Expanse, a Palo Alto Networks company, searches across the global IPv4 space multiple times per day to identify customers' presences on the Internet. If you would like to be excluded from our scans, please send IP addresses/domains to: scaninfo@paloaltonetworks.com

Of course Silicon Valley would be the origin of a bunch of activity. I really like that they put a whole disclaimer in their user agent.

Mozilla/5.0 (compatible; GenomeCrawlerd/1.0; +https://www.nokia.com/genomecrawler)

Nokia has a project called “Genome Crawler“? The page says:

Deepfield Secure Genome® is a “security map” of the internet that provides context for IP addresses, applications, and services.

That’s pretty cool. 🤔

Some company called Censys:

Mozilla/5.0 (compatible; CensysInspect/1.1; +https://about.censys.io/)
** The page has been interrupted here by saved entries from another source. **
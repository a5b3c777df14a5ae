-- ===== src/Extraction.antt =====
-- Phase C of app/services/candidate_extraction.py: how the extractor's proposals are checked and
-- become candidates with review tasks, and how older proposals are superseded.
pub mod World
pub mod Plain
pub mod Sound
mod Account
pub mod Store
pub mod Samples
pub mod Persist
pub mod Service
mod Examples
use rfp.Database.{DocumentPage, status}
use rfp.Extraction.World.{
  CandidateReviewTask, RequirementCandidate, TextOps, find_unsafe_content, is_empty, proposed,
  strip, task_open,
}
use rfp.Prelude.{
  Bool, List, Option, String, Text, [], false, if◌then◌else◌, leb, length, ltb, none, or_else,
  same_text, slice, some, take, ℕ, ◌&&◌, ◌+◌, ◌==◌, ◌||◌, ◌∷◌,
}
use rfp.Prelude.Dict.{Dict, insert, lookup}

-- `CandidateUnit` of app/services/extraction_contract.py
pub record CandidateUnit : Type 0 where
  pub source_unit_sequence : ℕ
  pub span_start : ℕ
  pub span_end : ℕ
  pub requirement_text : Text
  pub requirement_type : Option String
  pub confidence : Option ℕ
  pub uncertainty_reason : Option String

abbrev pub max_requirement_text_len : ℕ
max_requirement_text_len = 2000

abbrev pub max_evidence_text_len : ℕ
max_evidence_text_len = 4000

-- The run that a phase C belongs to, and the identifiers that `uuid.uuid4` gives it in order.
pub record RunScope : Type 0 where
  pub ops : TextOps
  pub organization_id : ℕ
  pub project_id : ℕ
  pub document_id : ℕ
  pub run_id : ℕ
  pub fresh_id : ℕ → ℕ

pub record Span : Type 0 where
  pub sequence : ℕ
  pub first : ℕ
  pub last : ℕ
  pub head : Text

unfoldable pub same_span : Span → Span → Bool
same_span a b =
    (a.sequence == b.sequence)
    && (a.first == b.first)
    && (a.last == b.last)
    && same_text a.head b.head

unfoldable pub seen_before : List Span → Span → Bool
unfolding same_span
seen_before [] key = false
seen_before (s ∷ rest) key = same_span s key || seen_before rest key

-- The loop's variables; the newest row stands first.
pub record Build : Type 0 where
  pub seen_spans : List Span
  pub candidate_rows : List RequirementCandidate
  pub task_rows : List CandidateReviewTask
  pub issue_counts : Dict ℕ

abbrev pub no_rows : Build
no_rows = record { seen_spans = []; candidate_rows = []; task_rows = []; issue_counts = [] }

unfoldable pub skip : String → Build → Build
skip code b = record b {
  issue_counts = insert code (or_else (lookup code b.issue_counts) 0 + 1) b.issue_counts;
}

later_or : Option DocumentPage → DocumentPage → ℕ → Option DocumentPage
later_or (some p) page seq = some p
later_or none page seq = if page.page_number == seq then some page else none

-- `page_by_seq.get(seq)`: of pages with one number the last one counts.
unfoldable pub page_by_seq : List DocumentPage → ℕ → Option DocumentPage
unfolding later_or
page_by_seq [] seq = none
page_by_seq (page ∷ rest) seq = later_or (page_by_seq rest seq) page seq

unfoldable pub candidate_of :
    RunScope → DocumentPage → CandidateUnit → Text → Text → ℕ → RequirementCandidate
candidate_of scope page unit evidence req_text candidate_id = record {
  id = candidate_id;
  organization_id = scope.organization_id;
  project_id = scope.project_id;
  extraction_run_id = scope.run_id;
  document_id = scope.document_id;
  document_page_id = page.id;
  page_content_sha256 = or_else page.content_sha256 "";
  unit_kind = or_else page.unit_kind "";
  source_locator = or_else page.source_locator [];
  span_start = unit.span_start;
  span_end = unit.span_end;
  evidence_text = evidence;
  evidence_sha256 = scope.ops.sha256 evidence;
  normalized_requirement_text = req_text;
  reviewer_edited_text = none;
  requirement_type = unit.requirement_type;
  confidence = unit.confidence;
  uncertainty_reason = unit.uncertainty_reason;
  extraction_schema_version = "requirement-candidates-v1";
  candidate_status = proposed;
  reviewed_at = none;
  reviewed_by = none;
  reviewer_comment = none;
}

unfoldable pub task_of : RunScope → DocumentPage → ℕ → CandidateReviewTask
task_of scope page candidate_id = record {
  organization_id = scope.organization_id;
  project_id = scope.project_id;
  candidate_id = candidate_id;
  extraction_run_id = scope.run_id;
  task_type = "REQUIREMENT_CANDIDATE_REVIEW";
  source_locator = or_else page.source_locator [];
  assigned_to_id = none;
  status = task_open;
  resolved_at = none;
}

unfoldable pub accept : RunScope → DocumentPage → CandidateUnit → Text → Text → Build → Build
unfolding candidate_of task_of
accept scope page unit evidence req_text b =
    let candidate_id = scope.fresh_id (length b.candidate_rows) in
    record b {
      candidate_rows =
          candidate_of scope page unit evidence req_text candidate_id ∷ b.candidate_rows;
      task_rows = task_of scope page candidate_id ∷ b.task_rows;
    }

abbrev pub first_of : Option String → Option String → Option String
first_of none b = b
first_of (some a) b = some a

abbrev pub unless_rejected : Option String → Build → Build → Build
unless_rejected none b accepted = accepted
unless_rejected (some code) b accepted = skip code b

-- The content policy, after the span has been remembered.
content_checked : RunScope → DocumentPage → CandidateUnit → Text → Text → Build → Build
content_checked scope page unit evidence req_text b =
    unless_rejected (first_of (find_unsafe_content req_text) (find_unsafe_content evidence)) b
      (accept scope page unit evidence req_text b)

-- `dedup_key`
abbrev pub dedup_key : CandidateUnit → Text → Span
dedup_key unit req_text = record {
  sequence = unit.source_unit_sequence;
  first = unit.span_start;
  last = unit.span_end;
  head = take 100 req_text;
}

deduplicated : RunScope → DocumentPage → CandidateUnit → Text → Text → Build → Build
unfolding content_checked
deduplicated scope page unit evidence req_text b =
    if seen_before b.seen_spans (dedup_key unit req_text)
    then skip "SKIP_DUPLICATE_CANDIDATE" b
    else content_checked scope page unit evidence req_text
        (record b { seen_spans = dedup_key unit req_text ∷ b.seen_spans })

text_checked : RunScope → DocumentPage → CandidateUnit → Text → Build → Build
unfolding deduplicated
text_checked scope page unit evidence b =
    let req_text = strip scope.ops unit.requirement_text in
    if is_empty req_text || ltb max_requirement_text_len (length req_text)
    then skip "SKIP_REQUIREMENT_TEXT_BOUNDS" b
    else deduplicated scope page unit evidence req_text b

evidence_checked : RunScope → DocumentPage → CandidateUnit → Text → Build → Build
unfolding text_checked
evidence_checked scope page unit evidence b =
    if is_empty (strip scope.ops evidence)
    then skip "SKIP_EMPTY_EVIDENCE" b
    else if ltb max_evidence_text_len (length evidence)
    then skip "SKIP_EVIDENCE_TOO_LONG" b
    else text_checked scope page unit evidence b

on_page : RunScope → CandidateUnit → Option DocumentPage → Build → Build
unfolding evidence_checked
on_page scope unit none b = skip "SKIP_UNKNOWN_SOURCE_UNIT" b
on_page scope unit (some page) b =
    if ltb (length page.content) unit.span_end || leb unit.span_end unit.span_start
    then skip "SKIP_INVALID_SPAN" b
    else evidence_checked scope page unit (slice page.content unit.span_start unit.span_end) b

-- One round of the loop over `response.candidates`.
unfoldable pub build_step : RunScope → List DocumentPage → CandidateUnit → Build → Build
unfolding on_page
build_step scope pages unit b = on_page scope unit (page_by_seq pages unit.source_unit_sequence) b

unfoldable pub build : RunScope → List DocumentPage → List CandidateUnit → Build → Build
unfolding build_step
build scope pages [] b = b
build scope pages (unit ∷ rest) b = build scope pages rest (build_step scope pages unit b)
This is a cyber security company founded by CS people at University of Michigan. Cool beans.

CCBot/2.0 (https://commoncrawl.org/faq/)

This is cool! I found the first non profit that came knocking on my door. Common Crawl says they’re making a copy of the internet to provide data for researchers.

Mozilla/5.0 (compatible; InternetMeasurement/1.0; +https://internet-measurement.com/)

This is an eccentric initiative called Internet Measurement, which seems to be dedicated to spelunking open services across the web. They seem pretty innocent and are based in London, I guess. Very punk, nice nice.

Mozilla/5.0 (compatible; MJ12bot/v1.4.8; http://mj12bot.com/)

Mj12bot, a proclaimed “good bot”. Another UK based crawler.

Security Measures Inspired by this Endeavor

Previously, if I was just dumping a web app onto cloud hosting, I would not have been very interested in mucking about with traffic logs or environment details. But since I have more control over the server, I’ve suddenly found a renewed interest in cyber security.

Initially, I only protected everything with fail2ban, as suggested by some WordPress docker guides. It is pretty basic regular expression matcher that looks at your logs and bans IP addresses based on that.

I’ve since switched to something called CrowdSec, which is a much more sophisticated, albeit complex solution. This thing was pretty difficult and arduous to set up but the monitoring and attack scenario protection is very much worth it. It also comes with Metabase dashboards for monitoring alerts and events in a nice GUI with charts and diagrams and everything. I highly recommend this if you end up self-hosting for whatever reason.

Note to Self…

This gives me an idea for a game or web app, where you have a “web address/house” and it tracks the different bots and scrapers that ping the domain and then you can log in and see your “visitors” in video game avatar form and read their HTTP requests as little messages and greetings.